Dikkat ederseniz bölgesel krizin insani boyutunu Batı sahiplenmiyor. Binlerce mülteci Özal dönemindeki gibi yine Türkiye’nin sorunu haline geldi. Türkiye, bu konuda ne BM’den, ne de sorunun en temel kaynağı Büyük Orta Doğu Projesi’nin asıl sahibi olan Amerika’dan destek görüyor. Batı’nın ve Amerika’nın desteği lâftan ileri gitmiyor. En çok kurulan cümle şu, “Türkiye’nin yanındayız. NATO duruma hazır. Türkiye haklıdır.” Bu kadar. İş bu haklılığın pratiğine gelince “acele etmeyin.

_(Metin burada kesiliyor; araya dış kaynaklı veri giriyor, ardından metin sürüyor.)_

-- ===== src/Auth/Login.antt =====
-- app/controllers/session_controller.ts: `store`, the login, and
-- app/middleware/silent_auth_middleware.ts. The look-up of credentials and the session guard come from
-- the framework: the guard keeps the user's id in the session, and a remembered login writes a row.
use reeva.Prelude.{
  ℕ, ◌≡◌, Bool, true, false, ◌&&◌, Option, none, some, List, ◌∷◌, Text, lit, same, leb, length,
  trim, if◌then◌else◌,
}
use reeva.Model.{Uuid}
use reeva.Input.{Value, bool, text}
use reeva.Auth.{
  User, RateLimit, Accounts, Hashing, find_user, Outcome, unauthenticated, handle, login,
  is_auth_request_throttled, clear_login_attempts,
}

pub record Session : Type 0 where
  pub user : Option Uuid
  pub auth_version : Option ℕ

-- `User.verifyCredentials`, where `none` stands for E_INVALID_CREDENTIALS: it gives a row that a
-- query finds
pub record Credentials : Type 0 where
  pub verify : Accounts → Text → Text → Option User
  pub finds :
      (db : Accounts) (email password : Text) (u : User)
      → verify db email password ≡ some u
      → find_user db u.id ≡ some u

pub data LoginResult : Type 0 where
  -- back to the form, with status 429 if throttled; the dashboard
  invalid throttled signed_in : LoginResult

-- The tables and the session after a request
pub record Visit : Type 0 where
  pub result : LoginResult
  pub accounts : Accounts
  pub session : Session

-- `remember_me === 'on' || remember_me === true`
abbrev pub is_remembered : Value → Bool
is_remembered (text s) = same s (lit "on")
is_remembered (bool b) = b
is_remembered _ = false

abbrev pub remember : Bool → Uuid → List Uuid → List Uuid
remember true id rows = id ∷ rows
remember false id rows = rows

-- `login`, `session.put` and `clearLoginAttempts`
unfoldable pub sign_in : Hashing → Accounts → User → Bool → Text → Text → Visit
sign_in h db u remembered ip email = record {
  result = signed_in;
  accounts = record db {
    remembered = remember remembered u.id db.remembered;
    rate_limits = clear_login_attempts h ip email db.rate_limits;
  };
  session = record { user = some u.id; auth_version = some u.auth_version };
}

abbrev pub refused : Accounts → Session → LoginResult → Visit
refused db s r = record { result = r; accounts = db; session = s }

unfoldable pub admit : Hashing → Accounts → Session → Option User → Value → Text → Text → Visit
admit h db s none remember_me ip email = refused db s invalid
admit h db s (some u) remember_me ip email =
    if u.is_active
    then sign_in h db u (is_remembered remember_me) ip email
    else refused db s invalid

abbrev pub with_limits : Accounts → Bool × List RateLimit → Accounts
with_limits db x = record db { rate_limits = x.1 }

unfoldable pub attempt_login :
    Hashing → Credentials → Accounts → Session → Text → Text → Value → Text → ℕ → Visit
attempt_login h k db s email password remember_me ip now =
    let x = is_auth_request_throttled h login ip email now db.rate_limits in
    if x.0
    then refused (with_limits db x) s throttled
    else admit h (with_limits db x) s (k.verify (with_limits db x) (trim email) password)
        remember_me ip email

-- `store`, over the inputs `email`, `password` and `remember_me`, the client's address and the time
unfoldable pub store :
    Hashing → Credentials → Accounts → Session → Value → Value → Value → Text → ℕ → Visit
store h k db s (text email) (text password) remember_me ip now =
    if leb (length email) 255 && leb (length password) 1024
    then attempt_login h k db s email password remember_me ip now
    else refused db s invalid
store h k db s _ _ remember_me ip now = refused db s invalid

-- `handle` of the silent middleware, over whether the guard authenticated by a remembered login
unfoldable pub silent_handle : Option User → Bool → Session → Session
silent_handle (some u) true s = record s { auth_version = some u.auth_version }
silent_handle _ _ s = s

-- What the middleware makes of a session on its next request
abbrev pub admitted : Accounts → Session → Outcome
admitted db s = elim s.user [ none ↦ unauthenticated | some id ↦ handle db id s.auth_version ]
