-- ===== src/Auth/Reset.antt =====
-- What the look-up of a reset token accepts.
use reeva.Prelude.{
  ℕ, ◌<◌, ◌≡◌, ◌≢◌, refl, ap, ◌∙◌, true, Option, none, some, List, Memᴰ, Text, arith, same,
  same_refl, same_iff, is_some, find, find-none, All, All-mem, All_of_remove, remove, ◌==◌, ==_refl,
  Option-cases, inl, inr, Result, ok, or_fail-eq-ok, require-eq-ok,
}
use reeva.Model.{Uuid}
use reeva.Auth.{
  User, Error, invalid_token, not_found, Hashing, ResetToken, Accounts, holds, or_else,
  verify_reset_token, find_by_email, save, with_password, forget, update_password_by_token,
}

find-holds :
    (token : Text) (now : ℕ) (rows : List ResetToken) (r : ResetToken)
    → Memᴰ r rows
    → r.token ≡ token
    → now < r.expires_at
    → is_some (find (holds token now) rows) ≡ true
find-holds token now rows r m e lt = elim (Option-cases (find (holds token now) rows)) [
  | inl n ↦
      let f = All-mem _ rows (find-none (holds token now) rows n) m in
      let t : holds token now r ≡ true =
        ground (arith, same_refl token, ap (λ t. same t token) e) in
      cc (f, t)
  | inr (s, k) ↦ rw k refl
]

or_else_some : {A : Type 0} (a b : Option A) → is_some b ≡ true → is_some (or_else a b) ≡ true
or_else_some none b h = h
or_else_some (some x) b h = refl

-- The text that the table stores for a live reset token is itself accepted as a reset token, also
-- when it is a digest: the look-up falls back to the plain comparison.
pub verify_reset_token_stored :
    (h : Hashing) (db : Accounts) (now : ℕ) (r : ResetToken)
    → Memᴰ r db.reset_tokens
    → now < r.expires_at
    → is_some (verify_reset_token h db r.token now) ≡ true
unfolding verify_reset_token
verify_reset_token_stored h db now r m lt =
    or_else_some _ _ (find-holds r.token now db.reset_tokens r m refl lt)

abbrev pub IsForgotten : User → Accounts → Type 0
IsForgotten u db =
    All (λ (r : ResetToken). r.email ≢ u.email) db.reset_tokens
    × All (λ (i : Uuid). i ≢ u.id) db.remembered

forget-IsForgotten :
    (u v : User) (db : Accounts) → v.email ≡ u.email → v.id ≡ u.id → IsForgotten v (forget u db)
unfolding forget
forget-IsForgotten u v db e i = (
  All_of_remove _ (λ (r : ResetToken). same r.email u.email) db.reset_tokens
      (λ r f k. cc (f, (same_iff r.email u.email).1 (k ∙ e))),
  All_of_remove _ (λ j. j == u.id) db.remembered
      (λ j f k. cc (f, ==_refl u.id, ap (λ n. n == u.id) (k ∙ i))),
)

pair-eq :
    {A B : Type 0} {a b : A} {x y : B}
    → ◌≡◌ {A = Result Error (A × B)} (ok (a, x)) (ok (b, y))
    → (b ≡ a) × (y ≡ x)
pair-eq h = (cc, cc)

forgotten :
    (u v w : User) (db d : Accounts)
    → ◌≡◌ {A = Result Error (User × Accounts)} (ok (w, forget u db)) (ok (v, d))
    → w.email ≡ u.email
    → w.id ≡ u.id
    → IsForgotten v d
forgotten u v w db d h e i = let (p, q) = pair-eq h in rw (p, q) (forget-IsForgotten u w db e i)

-- After a password reset by token that succeeds, the user has no reset token left, the used one
-- included, and no remembered login; the user was active, and the token was live.
pub update_password_by_token-IsForgotten :
    (h : Hashing) (db d : Accounts) (token password : Text) (now : ℕ) (u : User)
    → update_password_by_token h db token password now ≡ ok (u, d)
    → IsForgotten u d
      × (u.is_active ≡ true)
      × (u.password_hash ≡ h.hash password)
      × (is_some (verify_reset_token h db token now) ≡ true)
unfolding update_password_by_token
update_password_by_token-IsForgotten h db d token password now u e =
    let (r, e1, h1) = or_fail-eq-ok (verify_reset_token h db token now) invalid_token _ e in
    let db1 : Accounts = record db {
      reset_tokens = remove (λ (s : ResetToken). s.id == r.id) db.reset_tokens;
    } in
    let (v, e2, h2) = or_fail-eq-ok (find_by_email db1 r.email) not_found _ h1 in
    let (t, h3) = require-eq-ok v.is_active invalid_token _ h2 in
    let (p, q) = pair-eq h3 in
    (
      forgotten v u (with_password h v password) (save (with_password h v password) db1) d h3 refl
          refl,
      ap (λ (x : User). x.is_active) p ∙ t,
      ap (λ (x : User). x.password_hash) p,
      ap is_some e1,
    )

Sabırlı olun” tavsiyeleri geliyor. Yine dikkatinizi çekerim bu tavsiyeler bile asıl gerçekliği açıklamaya yetiyor. “Bekleyin acele etmeyin” söylemi “biz bekleyelim” anlamını içermiyor. “Sen bekle” anlamını içeriyor. Demek ki bekledikten sonra elini taşın altına koyacak olan yine Türkiye.
Rusya krizinde de durum aynı. Hâlbuki Rusya krizi çıktığında ne ABD ne de AB “haklısınızın” ötesine geçerek, fiili bir katkı sunmayacak. Türkiye’yi yönetenler ise Suriye krizinin bir ucunu, Orta Doğu’dan Kuzey Kutbu’na taşımış olacaklar.
“Arap Baharı” diye Tunus’tan başlayan/başlatılan krizin içine sokulan Türkiye’nin Suriye meselesinde ABD tarafından sözle desteklense bile fiilen desteklenmediği bir ortamda krizin alanını genişletmek ne derece Türkiye’nin çıkarınadır diye sormak hakkımızdır.
Başbakan, Suriye’den göç edenlerin sayısının 100 binleri bulduğunu söylerken ortada ne Birleşmiş Milletler’i ve ne de ABD’nin etkili gücünü görüyoruz.
Dikkatinizi çekiyor mu bilmem. Mültecilere bakmak, karınlarını doyurmak işi de Türkiye’nin zorunlu görevi oldu. Savaşıp Orta Doğu’ya düzen vermek de Türkiye’nin görevi. Rusya ve ileride daha başkaları ile çıkacak krizleri yönetmek de Türkiye’nin görevi olacağına göre “Arkanızdayız, yanınızdayız, NATO hazır, siz daima haklısınız. Biz sizi destekliyoruz. Tam ardınızdayız, yürü aslanım” demek de elbette ABD ve ekibinin görevi olacak tabii.
İslam toplumları birbirini kıracak, ötekiler teftiş edecek. Onlar hep kazanacak, sen sürekli kaybedeceksin ama küçük zaferlerden büyük kahramanlık hikâyeleri uyduracaksın. Böylece yalandan kendini avutacaksın.
Bu durumda operasyonsal basınımızın da bu gelişmelerde payı olacak elbet. Sınırdan kaç topa karşı, kaç top atışı yapıldı sayılıp, çetelesini birilerinin tutması lazım. Bu görev de öncü basınımıza düşer tabii.
Buyurun size AKP’nin oluşturduğu yeni Türkiye modeli.